[Source data]
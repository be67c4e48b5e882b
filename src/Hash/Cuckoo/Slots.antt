-- ===== src/Hash/Cuckoo/Slots.antt =====
-- The slots of the two tables, reads and writes by slot, and the invariant of the table.
use coding_demo.Base.{
  ℕ, ◌/◌, ◌%◌, ◌<◌, ◌≡◌, refl, ap, sym, ◌≢◌, ◌⊎◌, inl, inr, none, some, Option, List, arith, length,
  get_elem?, length-set, get_elem?-set_self, get_elem?-set_ne, get_elem?-lt, pos,
}
use native.Mathlib.Decide.{ℕ_discrete}
use coding_demo.Hash.Cuckoo.{Entry, Table, empty_entry, read, write, Side, one, two, place}

abbrev pub Slot : Type 0
Slot = Side × ℕ

abbrev pub entry_or : Option Entry → Entry
entry_or none = empty_entry
entry_or (some e) = e

abbrev pub table_of : Table → Side → List Entry
table_of t one = t.table1
table_of t two = t.table2

-- The entry in a slot; outside the table there is none.
unfoldable pub at : Table → Slot → Entry
at t s = entry_or (get_elem? (table_of t s.0) s.1)

-- `hashFunc1` and `hashFunc2` of a key that is not negative.
abbrev pub home : ℕ → Side → ℕ → ℕ
home n one k = k % n
home n two k = k / n % n

abbrev pub flip : Side → Side
flip one = two
flip two = one

pub record IsSized (t : Table) : Type 0 where
  pub positive : 0 < t.n_count
  pub size1 : length t.table1 ≡ t.n_count
  pub size2 : length t.table2 ≡ t.n_count

size-table_of : (t : Table) (side : Side) → IsSized t → length (table_of t side) ≡ t.n_count
size-table_of t one v = v.size1
size-table_of t two v = v.size2

pub home-lt : (n k : ℕ) (side : Side) → 0 < n → home n side k < n
home-lt n k one h = omega arith
home-lt n k two h = omega arith

pub read-at :
    (t : Table) (side : Side) (i : ℕ)
    → IsSized t
    → i < t.n_count
    → read (table_of t side) (pos i) ≡ some (at t (side, i))
unfolding read at
read-at t side i v h =
    let (e, found) = get_elem?-lt (table_of t side) i (rw (size-table_of t side v) h) in rw found

pub place-IsSized :
    (side : Side) (i : ℕ) (e : Entry) (t : Table) → IsSized t → IsSized (place side (pos i) e t)
unfolding place write
place-IsSized one i e t v = ground (arith, length-set t.table1 i e)
place-IsSized two i e t v = ground (arith, length-set t.table2 i e)

pub n_count-place :
    (side : Side) (i : ℕ) (e : Entry) (t : Table) → (place side (pos i) e t).n_count ≡ t.n_count
unfolding place
n_count-place one i e t = refl
n_count-place two i e t = refl

pub at-place_self :
    (side : Side) (i : ℕ) (e : Entry) (t : Table)
    → IsSized t
    → i < t.n_count
    → at (place side (pos i) e t) (side, i) ≡ e
unfolding at place write
at-place_self one i e t v h = rw (get_elem?-set_self t.table1 i e (rw v.size1 h))
at-place_self two i e t v h = rw (get_elem?-set_self t.table2 i e (rw v.size2 h))

pub at-place_ne :
    (side : Side) (i : ℕ) (e : Entry) (t : Table) (q : Slot)
    → q ≢ (side, i)
    → at (place side (pos i) e t) q ≡ at t q
unfolding at place write
at-place_ne one i e t (one, j) ne =
    ap entry_or (get_elem?-set_ne t.table1 e (λ h. ne (ap (λ k. (one, k)) (sym h))))
at-place_ne one i e t (two, j) ne = refl
at-place_ne two i e t (one, j) ne = refl
at-place_ne two i e t (two, j) ne =
    ap entry_or (get_elem?-set_ne t.table2 e (λ h. ne (ap (λ k. (two, k)) (sym h))))

pub Slot-cases : (s q : Slot) → (s ≡ q) ⊎ (s ≢ q)
Slot-cases (one, i) (two, j) = inr (λ e. side_ne (ap (λ s. s.0) e))
  where
    side_ne : ¬ (one ≡ two)
    side_ne e = cc
Slot-cases (two, i) (one, j) = inr (λ e. side_ne (ap (λ s. s.0) e))
  where
    side_ne : ¬ (two ≡ one)
    side_ne e = cc
Slot-cases (one, i) (one, j) = elim (ℕ_discrete i j) [
  | yes e ↦ inl (ap (λ k. (one, k)) e)
  | no ne ↦ inr (λ e. ne (ap (λ s. s.1) e))
]
Slot-cases (two, i) (two, j) = elim (ℕ_discrete i j) [
  | yes e ↦ inl (ap (λ k. (two, k)) e)
  | no ne ↦ inr (λ e. ne (ap (λ s. s.1) e))
]

pub flip-ne : (side : Side) (i j : ℕ) → ¬ (◌≡◌ {A = Slot} (side, i) (flip side, j))
flip-ne one i j e = cc
flip-ne two i j e = cc

-- A slot holds the key `k`, which is not the mark of an empty slot.
abbrev pub HasKey : Table → Slot → ℕ → Type 0
HasKey t s k = ((at t s).key ≡ pos k) × (k ≢ 0)

-- Every entry stands where its key belongs, no key stands twice, and no key is negative.
pub record IsValid (t : Table) : Type 0 where
  pub sized : IsSized t
  pub placed : (s : Slot) (k : ℕ) → HasKey t s k → s.1 ≡ home t.n_count s.0 k
  pub unique : (s q : Slot) (k : ℕ) → HasKey t s k → HasKey t q k → s ≡ q
  pub natural : (s : Slot) → (k : ℕ) × ((at t s).key ≡ pos k)

-- The table holds the key.
abbrev pub Holds : Table → ℕ → Type 0
Holds t k = (s : Slot) × HasKey t s k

What to produce>
All entries are to be returned word for word.

Exercise solution>
repository be67c4e48b5e882b
filename src/Hash/Cuckoo/Slots.antt
-- ===== src/Hash/Cuckoo/Slots.antt =====
-- The slots of the two tables, reads and writes by slot, and the invariant of the table.
use coding_demo.Base.{
  ℕ, ◌/◌, ◌%◌, ◌<◌, ◌≡◌, refl, ap, sym, ◌≢◌, ◌⊎◌, inl, inr, none, some, Option, List, arith, length,
  get_elem?, length-set, get_elem?-set_self, get_elem?-set_ne, get_elem?-lt, pos,
}
use native.Mathlib.Decide.{ℕ_discrete}
use coding_demo.Hash.Cuckoo.{Entry, Table, empty_entry, read, write, Side, one, two, place}

abbrev pub Slot : Type 0
Slot = Side × ℕ

abbrev pub entry_or : Option Entry → Entry
entry_or none = empty_entry
entry_or (some e) = e

abbrev pub table_of : Table → Side → List Entry
table_of t one = t.table1
table_of t two = t.table2

-- The entry in a slot; outside the table there is none.
unfoldable pub at : Table → Slot → Entry
at t s = entry_or (get_elem? (table_of t s.0) s.1)

-- `hashFunc1` and `hashFunc2` of a key that is not negative.
abbrev pub home : ℕ → Side → ℕ → ℕ
home n one k = k % n
home n two k = k / n % n

abbrev pub flip : Side → Side
flip one = two
flip two = one

pub record IsSized (t : Table) : Type 0 where
  pub positive : 0 < t.n_count
  pub size1 : length t.table1 ≡ t.n_count
  pub size2 : length t.table2 ≡ t.n_count

size-table_of : (t : Table) (side : Side) → IsSized t → length (table_of t side) ≡ t.n_count
size-table_of t one v = v.size1
size-table_of t two v = v.size2

pub home-lt : (n k : ℕ) (side : Side) → 0 < n → home n side k < n
home-lt n k one h = omega arith
home-lt n k two h = omega arith

pub read-at :
    (t : Table) (side : Side) (i : ℕ)
    → IsSized t
    → i < t.n_count
    → read (table_of t side) (pos i) ≡ some (at t (side, i))
unfolding read at
read-at t side i v h =
    let (e, found) = get_elem?-lt (table_of t side) i (rw (size-table_of t side v) h) in rw found

pub place-IsSized :
    (side : Side) (i : ℕ) (e : Entry) (t : Table) → IsSized t → IsSized (place side (pos i) e t)
unfolding place write
place-IsSized one i e t v = ground (arith, length-set t.table1 i e)
place-IsSized two i e t v = ground (arith, length-set t.table2 i e)

pub n_count-place :
    (side : Side) (i : ℕ) (e : Entry) (t : Table) → (place side (pos i) e t).n_count ≡ t.n_count
unfolding place
n_count-place one i e t = refl
n_count-place two i e t = refl

pub at-place_self :
    (side : Side) (i : ℕ) (e : Entry) (t : Table)
    → IsSized t
    → i < t.n_count
    → at (place side (pos i) e t) (side, i) ≡ e
unfolding at place write
at-place_self one i e t v h = rw (get_elem?-set_self t.table1 i e (rw v.size1 h))
at-place_self two i e t v h = rw (get_elem?-set_self t.table2 i e (rw v.size2 h))

pub at-place_ne :
    (side : Side) (i : ℕ) (e : Entry) (t : Table) (q : Slot)
    → q ≢ (side, i)
    → at (place side (pos i) e t) q ≡ at t q
unfolding at place write
at-place_ne one i e t (one, j) ne =
    ap entry_or (get_elem?-set_ne t.table1 e (λ h. ne (ap (λ k. (one, k)) (sym h))))
at-place_ne one i e t (two, j) ne = refl
at-place_ne two i e t (one, j) ne = refl
at-place_ne two i e t (two, j) ne =
    ap entry_or (get_elem?-set_ne t.table2 e (λ h. ne (ap (λ k. (two, k)) (sym h))))

pub Slot-cases : (s q : Slot) → (s ≡ q) ⊎ (s ≢ q)
Slot-cases (one, i) (two, j) = inr (λ e. side_ne (ap (λ s. s.0) e))
  where
    side_ne : ¬ (one ≡ two)
    side_ne e = cc
Slot-cases (two, i) (one, j) = inr (λ e. side_ne (ap (λ s. s.0) e))
  where
    side_ne : ¬ (two ≡ one)
    side_ne e = cc
Slot-cases (one, i) (one, j) = elim (ℕ_discrete i j) [
  | yes e ↦ inl (ap (λ k. (one, k)) e)
  | no ne ↦ inr (λ e. ne (ap (λ s. s.1) e))
]
Slot-cases (two, i) (two, j) = elim (ℕ_discrete i j) [
  | yes e ↦ inl (ap (λ k. (two, k)) e)
  | no ne ↦ inr (λ e. ne (ap (λ s. s.1) e))
]

pub flip-ne : (side : Side) (i j : ℕ) → ¬ (◌≡◌ {A = Slot} (side, i) (flip side, j))
flip-ne one i j e = cc
flip-ne two i j e = cc

-- A slot holds the key `k`, which is not the mark of an empty slot.
abbrev pub HasKey : Table → Slot → ℕ → Type 0
HasKey t s k = ((at t s).key ≡ pos k) × (k ≢ 0)

-- Every entry stands where its key belongs, no key stands twice, and no key is negative.
pub record IsValid (t : Table) : Type 0 where
  pub sized : IsSized t
  pub placed : (s : Slot) (k : ℕ) → HasKey t s k → s.1 ≡ home t.n_count s.0 k
  pub unique : (s q : Slot) (k : ℕ) → HasKey t s k → HasKey t q k → s ≡ q
  pub natural : (s : Slot) → (k : ℕ) × ((at t s).key ≡ pos k)

-- The table holds the key.
abbrev pub Holds : Table → ℕ → Type 0
Holds t k = (s : Slot) × HasKey t s k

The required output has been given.